Work to complete >> Search the material below for lines containing the string "Apart", and copy every one you find.

Records supplied below:

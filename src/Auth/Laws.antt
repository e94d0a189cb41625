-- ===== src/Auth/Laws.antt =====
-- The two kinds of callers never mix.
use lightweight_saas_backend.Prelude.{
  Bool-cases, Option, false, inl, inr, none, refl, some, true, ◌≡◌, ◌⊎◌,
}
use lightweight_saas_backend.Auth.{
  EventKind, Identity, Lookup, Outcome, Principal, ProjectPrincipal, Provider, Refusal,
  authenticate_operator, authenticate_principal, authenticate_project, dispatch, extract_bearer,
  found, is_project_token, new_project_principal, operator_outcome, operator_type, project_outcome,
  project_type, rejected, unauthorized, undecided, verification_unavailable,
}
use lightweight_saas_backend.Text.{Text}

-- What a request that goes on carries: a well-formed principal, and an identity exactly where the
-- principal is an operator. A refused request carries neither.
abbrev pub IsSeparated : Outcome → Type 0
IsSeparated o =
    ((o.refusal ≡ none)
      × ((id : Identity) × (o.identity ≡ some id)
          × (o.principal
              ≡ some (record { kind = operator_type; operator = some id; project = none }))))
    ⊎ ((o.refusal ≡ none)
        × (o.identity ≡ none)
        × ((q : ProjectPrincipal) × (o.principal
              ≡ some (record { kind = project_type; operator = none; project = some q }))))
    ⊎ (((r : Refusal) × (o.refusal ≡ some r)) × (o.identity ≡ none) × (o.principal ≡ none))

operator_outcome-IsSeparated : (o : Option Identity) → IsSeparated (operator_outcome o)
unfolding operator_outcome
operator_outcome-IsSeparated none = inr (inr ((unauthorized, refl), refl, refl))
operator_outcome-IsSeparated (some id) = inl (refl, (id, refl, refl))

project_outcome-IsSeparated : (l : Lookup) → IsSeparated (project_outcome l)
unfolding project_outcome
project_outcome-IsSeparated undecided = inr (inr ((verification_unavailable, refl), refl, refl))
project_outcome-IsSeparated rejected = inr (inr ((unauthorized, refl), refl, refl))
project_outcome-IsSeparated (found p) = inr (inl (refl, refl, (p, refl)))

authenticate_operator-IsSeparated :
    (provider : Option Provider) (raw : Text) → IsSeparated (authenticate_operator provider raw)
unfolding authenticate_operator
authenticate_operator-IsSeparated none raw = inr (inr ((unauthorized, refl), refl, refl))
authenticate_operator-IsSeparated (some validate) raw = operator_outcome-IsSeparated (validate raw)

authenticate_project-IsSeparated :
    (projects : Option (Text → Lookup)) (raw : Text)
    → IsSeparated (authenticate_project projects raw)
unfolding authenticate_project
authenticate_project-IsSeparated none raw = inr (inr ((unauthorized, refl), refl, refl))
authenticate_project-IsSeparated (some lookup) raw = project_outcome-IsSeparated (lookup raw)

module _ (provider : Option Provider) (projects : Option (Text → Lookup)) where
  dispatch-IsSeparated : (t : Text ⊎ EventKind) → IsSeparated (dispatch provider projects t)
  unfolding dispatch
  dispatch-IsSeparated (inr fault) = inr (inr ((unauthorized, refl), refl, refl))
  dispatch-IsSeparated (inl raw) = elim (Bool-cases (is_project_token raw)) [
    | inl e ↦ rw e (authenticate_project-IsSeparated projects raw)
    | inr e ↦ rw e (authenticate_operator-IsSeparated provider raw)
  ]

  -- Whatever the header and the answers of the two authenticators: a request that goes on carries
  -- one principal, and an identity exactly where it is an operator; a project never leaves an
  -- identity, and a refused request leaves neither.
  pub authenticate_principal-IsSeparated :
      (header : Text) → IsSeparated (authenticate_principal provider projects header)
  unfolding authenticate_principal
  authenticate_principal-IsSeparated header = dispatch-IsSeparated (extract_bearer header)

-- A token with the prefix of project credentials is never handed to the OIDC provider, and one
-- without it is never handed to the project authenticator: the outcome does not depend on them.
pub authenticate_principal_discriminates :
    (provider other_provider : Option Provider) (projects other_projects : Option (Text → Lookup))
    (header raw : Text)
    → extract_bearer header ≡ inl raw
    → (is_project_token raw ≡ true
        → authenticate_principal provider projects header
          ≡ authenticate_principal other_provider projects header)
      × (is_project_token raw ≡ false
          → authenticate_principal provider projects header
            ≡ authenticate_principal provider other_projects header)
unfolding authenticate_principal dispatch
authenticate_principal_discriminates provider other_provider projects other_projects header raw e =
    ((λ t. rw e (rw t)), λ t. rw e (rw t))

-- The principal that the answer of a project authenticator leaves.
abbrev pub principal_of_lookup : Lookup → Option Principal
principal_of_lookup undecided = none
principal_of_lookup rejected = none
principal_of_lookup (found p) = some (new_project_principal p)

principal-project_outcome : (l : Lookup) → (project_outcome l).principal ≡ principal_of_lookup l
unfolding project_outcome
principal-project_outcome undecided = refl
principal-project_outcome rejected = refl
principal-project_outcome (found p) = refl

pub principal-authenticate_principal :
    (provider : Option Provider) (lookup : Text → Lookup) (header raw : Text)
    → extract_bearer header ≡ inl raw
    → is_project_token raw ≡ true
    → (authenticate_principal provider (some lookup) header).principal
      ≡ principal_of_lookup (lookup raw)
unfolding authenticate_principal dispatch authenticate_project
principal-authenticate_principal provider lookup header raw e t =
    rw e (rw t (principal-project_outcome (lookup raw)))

End of Records supplied.
Records supplied below:

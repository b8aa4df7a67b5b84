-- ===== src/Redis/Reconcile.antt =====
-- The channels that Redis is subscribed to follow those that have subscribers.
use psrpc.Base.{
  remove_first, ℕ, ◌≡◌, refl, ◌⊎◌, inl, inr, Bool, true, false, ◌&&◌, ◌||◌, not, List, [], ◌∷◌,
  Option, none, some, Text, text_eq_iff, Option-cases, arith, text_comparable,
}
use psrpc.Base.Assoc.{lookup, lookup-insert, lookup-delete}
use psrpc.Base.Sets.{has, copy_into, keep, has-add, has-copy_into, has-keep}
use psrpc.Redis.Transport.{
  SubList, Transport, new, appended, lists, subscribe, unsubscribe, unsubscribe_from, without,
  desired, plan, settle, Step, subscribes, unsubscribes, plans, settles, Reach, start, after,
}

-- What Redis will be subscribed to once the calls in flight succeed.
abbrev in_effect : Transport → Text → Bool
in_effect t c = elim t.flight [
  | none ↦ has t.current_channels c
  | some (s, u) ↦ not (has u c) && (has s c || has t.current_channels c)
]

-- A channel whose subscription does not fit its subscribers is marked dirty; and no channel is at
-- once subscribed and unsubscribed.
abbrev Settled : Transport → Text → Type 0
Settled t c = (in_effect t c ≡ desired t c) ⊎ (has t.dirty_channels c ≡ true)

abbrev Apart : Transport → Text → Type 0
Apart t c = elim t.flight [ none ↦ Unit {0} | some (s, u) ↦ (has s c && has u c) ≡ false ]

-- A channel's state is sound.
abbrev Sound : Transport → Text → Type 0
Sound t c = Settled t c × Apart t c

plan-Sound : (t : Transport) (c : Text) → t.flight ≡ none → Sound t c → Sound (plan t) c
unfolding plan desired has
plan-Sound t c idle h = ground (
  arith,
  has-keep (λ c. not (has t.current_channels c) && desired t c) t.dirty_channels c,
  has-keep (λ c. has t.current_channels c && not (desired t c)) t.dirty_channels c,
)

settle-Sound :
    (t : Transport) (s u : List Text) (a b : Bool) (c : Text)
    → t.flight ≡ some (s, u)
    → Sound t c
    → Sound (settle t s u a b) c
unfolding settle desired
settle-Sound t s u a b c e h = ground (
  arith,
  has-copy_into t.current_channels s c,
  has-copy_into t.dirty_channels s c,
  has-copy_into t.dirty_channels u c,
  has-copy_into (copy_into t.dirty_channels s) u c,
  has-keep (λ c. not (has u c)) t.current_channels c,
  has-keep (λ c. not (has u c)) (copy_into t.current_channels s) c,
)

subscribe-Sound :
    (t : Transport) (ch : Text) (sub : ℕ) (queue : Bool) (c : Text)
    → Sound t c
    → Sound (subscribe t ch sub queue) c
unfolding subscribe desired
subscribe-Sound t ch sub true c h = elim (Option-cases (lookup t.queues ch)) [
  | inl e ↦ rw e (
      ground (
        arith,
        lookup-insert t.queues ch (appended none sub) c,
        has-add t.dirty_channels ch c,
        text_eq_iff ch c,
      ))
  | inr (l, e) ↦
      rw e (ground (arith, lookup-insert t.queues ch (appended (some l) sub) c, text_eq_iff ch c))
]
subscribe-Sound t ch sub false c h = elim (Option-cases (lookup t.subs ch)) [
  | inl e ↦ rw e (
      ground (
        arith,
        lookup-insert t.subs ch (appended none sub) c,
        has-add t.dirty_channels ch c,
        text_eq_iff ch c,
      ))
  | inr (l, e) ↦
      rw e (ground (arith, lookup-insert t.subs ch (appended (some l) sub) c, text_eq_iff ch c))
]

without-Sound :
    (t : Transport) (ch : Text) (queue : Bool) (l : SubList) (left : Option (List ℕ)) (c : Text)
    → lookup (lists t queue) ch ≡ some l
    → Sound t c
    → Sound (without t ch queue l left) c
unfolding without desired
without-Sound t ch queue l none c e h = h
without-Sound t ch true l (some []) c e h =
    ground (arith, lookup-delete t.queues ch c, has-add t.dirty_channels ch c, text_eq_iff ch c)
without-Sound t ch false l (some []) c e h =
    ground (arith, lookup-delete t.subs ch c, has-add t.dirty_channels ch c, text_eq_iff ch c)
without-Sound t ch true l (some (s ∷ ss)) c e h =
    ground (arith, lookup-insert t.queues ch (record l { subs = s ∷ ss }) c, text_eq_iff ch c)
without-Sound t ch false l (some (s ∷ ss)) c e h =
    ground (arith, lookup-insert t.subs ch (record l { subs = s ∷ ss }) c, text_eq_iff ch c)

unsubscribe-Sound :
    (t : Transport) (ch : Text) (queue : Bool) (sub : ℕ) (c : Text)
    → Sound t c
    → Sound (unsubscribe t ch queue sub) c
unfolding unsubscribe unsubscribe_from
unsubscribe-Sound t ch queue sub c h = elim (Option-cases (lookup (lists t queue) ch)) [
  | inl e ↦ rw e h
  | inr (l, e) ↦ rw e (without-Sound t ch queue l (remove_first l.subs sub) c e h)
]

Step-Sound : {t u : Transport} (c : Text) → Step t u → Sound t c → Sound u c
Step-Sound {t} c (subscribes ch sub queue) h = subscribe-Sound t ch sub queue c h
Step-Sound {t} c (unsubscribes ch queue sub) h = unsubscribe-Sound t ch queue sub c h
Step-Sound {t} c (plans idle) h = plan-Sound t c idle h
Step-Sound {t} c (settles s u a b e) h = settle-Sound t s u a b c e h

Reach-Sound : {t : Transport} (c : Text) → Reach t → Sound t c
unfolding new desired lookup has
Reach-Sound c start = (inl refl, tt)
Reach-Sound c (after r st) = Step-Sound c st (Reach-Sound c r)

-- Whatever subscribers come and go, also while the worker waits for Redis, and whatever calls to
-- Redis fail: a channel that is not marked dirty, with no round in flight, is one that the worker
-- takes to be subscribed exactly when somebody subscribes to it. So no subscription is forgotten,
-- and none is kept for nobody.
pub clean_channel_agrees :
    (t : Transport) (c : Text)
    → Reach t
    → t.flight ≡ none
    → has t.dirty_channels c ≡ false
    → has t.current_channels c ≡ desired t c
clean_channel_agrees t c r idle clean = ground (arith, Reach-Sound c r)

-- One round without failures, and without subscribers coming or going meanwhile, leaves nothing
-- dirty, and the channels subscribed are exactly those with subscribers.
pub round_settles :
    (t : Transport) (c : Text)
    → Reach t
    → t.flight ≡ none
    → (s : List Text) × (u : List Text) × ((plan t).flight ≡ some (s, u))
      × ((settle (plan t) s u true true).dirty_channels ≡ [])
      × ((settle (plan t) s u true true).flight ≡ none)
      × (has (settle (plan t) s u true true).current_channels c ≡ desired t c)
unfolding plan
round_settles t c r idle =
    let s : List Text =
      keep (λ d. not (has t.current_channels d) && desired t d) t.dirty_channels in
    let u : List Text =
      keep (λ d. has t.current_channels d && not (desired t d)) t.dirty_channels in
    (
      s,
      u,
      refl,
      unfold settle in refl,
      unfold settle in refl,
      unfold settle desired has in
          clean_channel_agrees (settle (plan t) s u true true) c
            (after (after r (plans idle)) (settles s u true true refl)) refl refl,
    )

End of Records supplied.

Output for this task >>
abbrev Apart : Transport → Text → Type 0
Apart t c = elim t.flight [ none ↦ Unit {0} | some (s, u) ↦ (has s c && has u c) ≡ false ]
Sound t c = Settled t c × Apart t c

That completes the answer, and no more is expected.